第149章 第四幕雪夜有相逢(1 / 1)
此時距離蕭思鈺他們離開荊州已經五日,他們離開了周王的封地,此時已經到了豫州,他們在庸州追上了永琳的車隊,之後馬不停蹄的奔走了幾日,一路上經過的城鎮都不做停留,如今這汝州離東都不過七八日路程,大家一顆懸著的心總算安穩了些,車隊在城外紮營,打算修整一日再走。
“來來來,皇姐、葉師父、晉王、何將軍一起吃,一起吃,馬上可就過年了啊!我們也熱鬧熱鬧!”
蕭思鈺在帳篷中弄了一個火盆,拉著大家一起吃火鍋,想著這幾日都在趕路,恐怕來不及在過年之前到達東都了,就當提前過個年了。
全車隊的人都開始準備年夜飯了,數千人一起過年,到也熱鬧的很。
“吃火鍋最好,喜歡吃什麼就往裡面一放!簡單,爽快!”
蕭思鈺夾起一塊羊肉就往嘴裡一塞,馬上燙的叫出來:“哎喲,哎呦,太燙了!”
眾人看著發笑,永琳小心的挑出一塊肉,放在了拓跋宏的碟中:“殿下,可以了,請用。”
“公主你也吃。”
拓跋宏微微點點頭,蕭琳兒笑的面露春光。
葉落河看在眼裡,也不說話,低頭吃東西,蕭思鈺看著二人,抿嘴道:“嗯,堂姐、三哥,你們兩人?什麼個情況?”
“小屁孩,管的寬,吃的你。”
蕭琳兒夾起一塊肉塞在蕭思鈺嘴裡,差點沒給他噎著。
“不對,不對,堂姐你莫不是看上三哥了吧?”
“這可如何是好啊!還沒到東都,太子的側妃就丟了!”
蕭思鈺故意搗亂。
“小鈺你胡說什麼,陛下只說讓我陪嫁過來,又沒有點名嫁給太子。”
蕭琳兒委屈的說著,有那目光看向拓跋宏求救。
“七弟,別為難你皇姐了,我也是魏國的皇子,有意向父皇求娶你皇姐做我的晉王妃,你皇姐也是同意的。”
拓跋宏急忙為蕭琳兒解圍。
見晉王如此表態,蕭琳兒滿心歡喜。
葉落河聽拓跋宏如此說,心中大定,開口道:“恭喜殿下,稍後殿下可來吾帳中,吾有些話可讓殿下的心願早日達成。”
葉落河這話讓拓跋宏心聲警覺:“葉先生,此事還有變故?”
葉落河笑道:“放心,定能圓滿。”
兩人說話聲音不大,大家依然開心吃喝,氣氛融洽,只是拓跋宏心中暗暗有些擔憂。
.......
此時有侍衛入帳內稟報:“晉王殿下,營外有位行腳僧人,說是殿下故人,欲求見殿下,不知是否放他入營。”

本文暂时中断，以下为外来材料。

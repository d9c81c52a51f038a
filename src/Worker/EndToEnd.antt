-- ===== src/Worker/EndToEnd.antt =====
-- From the task of an event to a delivered event at every endpoint.
use webhook_delivery_service.Base.{
  ℕ, suc, ◌≤◌, ◌≡◌, ap, sym, ◌∙◌, some, List, [], ◌∷◌, map, length, Option, String, All,
}
use webhook_delivery_service.Models.{Uuid, Datetime, Tenant, Endpoint, Event}
use webhook_delivery_service.Errors.{ok, >>=-eq-ok, ok_injective}
use webhook_delivery_service.Tasks.{Task, Queue, deliver_event}
use webhook_delivery_service.Database.{Database}
use webhook_delivery_service.Database.Valid.{IsValid}
use webhook_delivery_service.Queries.{
  get_event_for_tenant, get_tenant_by_id, list_active_matching_endpoints_for_tenant,
}
use webhook_delivery_service.Delivery.Attempt.{Hmac, build_request}
use webhook_delivery_service.Delivery.FanOut.{
  insert_deliveries, delivery_task, fan_out_event_deliveries,
}
use webhook_delivery_service.Delivery.FanOut.Batch.{fan_out-IsBatch}
use webhook_delivery_service.Delivery.FanOut.Invariant.{fan_out-IsValid}
use webhook_delivery_service.Worker.{Turn, Drained, drain}
use webhook_delivery_service.Worker.Visit.{IsWilling}
use webhook_delivery_service.Worker.Batch.{rows, insert-AllReady, matching_found}
use webhook_delivery_service.Worker.Drain.{HasDelivered, same_records, drain_rows}

module _ (event_id tenant_id : Uuid) (event : Event) where
  fan_out-parts :
      (ids_of : ℕ → Uuid) (at : Datetime) (db : Database) {db1 : Database} {tasks : List Task}
      → get_event_for_tenant db event_id tenant_id ≡ some event
      → fan_out_event_deliveries ids_of at db event_id tenant_id ≡ ok (db1, tasks)
      → (insert_deliveries
            (rows ids_of at event_id tenant_id 0
              (list_active_matching_endpoints_for_tenant db tenant_id event.event_type))
            db
          ≡ ok db1)
        × (tasks
            ≡ map (delivery_task tenant_id) (
                rows ids_of at event_id tenant_id 0
                  (list_active_matching_endpoints_for_tenant db tenant_id event.event_type)))
  unfolding fan_out_event_deliveries
  fan_out-parts ids_of at db found ran =
      let (db2, inserted, last) = >>=-eq-ok (insert_deliveries _ db) _ (rw found at ran) in
      (
        inserted ∙ ap (λ (p : Database × List Task). ok p.0) (ok_injective last),
        sym (ap (λ (p : Database × List Task). p.1) (ok_injective last)),
      )

-- The work for an event is done: nothing is queued, each of the endpoints was sent one request, in order
-- and signed with the tenant's secret, and has a delivery of the event that has succeeded.
pub record ReachesAll (hmac : Hmac) (event : Event) (tenant : Tenant) (event_id : Uuid)
    (endpoints : List Endpoint) (out : Drained) : Type 0 where
  pub finished : out.queue ≡ []
  pub posts : out.posted ≡ map (λ e. build_request hmac tenant.signing_secret e event) endpoints
  pub delivered : All (HasDelivered event_id out.database) endpoints

-- Where every endpoint accepts and a worker runs alone, the task of an event whose fan-out commits on
-- well-formed tables leads to the end: after one task for the event and one for each active endpoint of
-- the tenant that takes its type, the queue is empty, exactly one request was posted for each of these
-- endpoints, in order and signed with the tenant's secret, and each has a delivery of the event that
-- has succeeded.
pub event-ReachesAll :
    (turns : ℕ → Turn) (hmac : Hmac) (db : Database) (event_id tenant_id : Uuid)
    (key : Option String) (queue : Queue) {event : Event} {tenant : Tenant} {db1 : Database}
    {tasks : List Task}
    → IsValid db
    → get_event_for_tenant db event_id tenant_id ≡ some event
    → get_tenant_by_id db tenant_id ≡ some tenant
    → fan_out_event_deliveries (turns 0).ids (turns 0).now db event_id tenant_id ≡ ok (db1, tasks)
    → ((i : ℕ) → IsWilling hmac (turns i).surroundings)
    → (fuel : ℕ)
    → length (list_active_matching_endpoints_for_tenant db tenant_id event.event_type) ≤ fuel
    → ReachesAll hmac event tenant event_id
        (list_active_matching_endpoints_for_tenant db tenant_id event.event_type)
        (drain turns (suc fuel) 0 db (deliver_event event_id tenant_id key queue ∷ []))
unfolding drain
event-ReachesAll turns hmac db event_id tenant_id key queue {event} {tenant} {db1} {tasks} v found
      known ran w fuel le =
    let ids = (turns 0).ids in
    let now = (turns 0).now in
    let es = list_active_matching_endpoints_for_tenant db tenant_id event.event_type in
    let (inserted, sent) = fan_out-parts event_id tenant_id event ids now db found ran in
    let batch = (fan_out-IsBatch ids now db event_id tenant_id found ran).inserted in
    let (events, tenants) =
      same_records hmac ids now event_id tenant_id event tenant db db1
        (ap (λ (x : Database). x.tenants) batch) (ap (λ (x : Database). x.events) batch) in
    let ready =
      insert-AllReady ids now event_id tenant_id 0 es db inserted
        (matching_found db tenant_id event.event_type v) in
    let d =
      drain_rows hmac ids now event_id tenant_id event tenant turns w fuel 1 0 es db1 le
        (record {
          valid = fan_out-IsValid ids now event_id tenant_id db ran v;
          event_found = events ∙ found;
          tenant_found = tenants ∙ known;
        })
        ready in
    rw (ran, sent) (record { finished = d.empty; posts = d.posted; delivered = d.delivered })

行腳的僧人,拓跋宏想了想,突然坐起來:“哎呀,是老師來了!”
急忙起身往外走去。
眾人有些吃驚,和尚,還是晉王的師父,何人呢?
只有葉落河猜到了,於是也叫上眾人:“確實是貴客到了,一起出去迎迎吧。”
說罷拉著大家一起出了帳篷。
見一身穿百衲衣怒目慈悲的中年和尚走來,拓跋宏一見,急忙上前,跪下,和尚用手撫其頂,唸了一段經書,再讓他起來。
蕭思鈺問葉落河:“葉師父,這和尚是誰啊?”
葉落河答:“魏國國師,天龍寺主持,大法師智信,因為自幼給皇子講經說法,北朝諸皇子皆稱老師。”
蕭思鈺恍然大悟:“原來如此,不過也不像個高人的樣子啊,還沒有小天師賣相好看。”
葉落河瞪了他一眼:“又說瘋話!”
蕭思鈺急忙捂住自己的嘴。
“老師,您如何到了這裡?”
拓跋宏手牽著智信欲往裡走.
智信笑答:“三殿下,你知道我每年皆會行腳超度,走到此地,心念你應該在此,這便過來一見。”
拓跋宏拉著智信到眾人面前一一介紹:“老師,我為您介紹。這位是我的義弟大梁七皇子雍王殿下,這位是大梁陛下的侄女永琳公主,這位是梁國太子少傅葉落河先生,這位是護衛統領何元郎將軍。”
眾人皆上前行禮,智信雙手合十誦唸佛號行禮,然後笑道:“馬上要過年了,你們聚在一起也是有緣分了,可否也請我老和尚一起用用膳呢?我可聞到羊肉的味道了!”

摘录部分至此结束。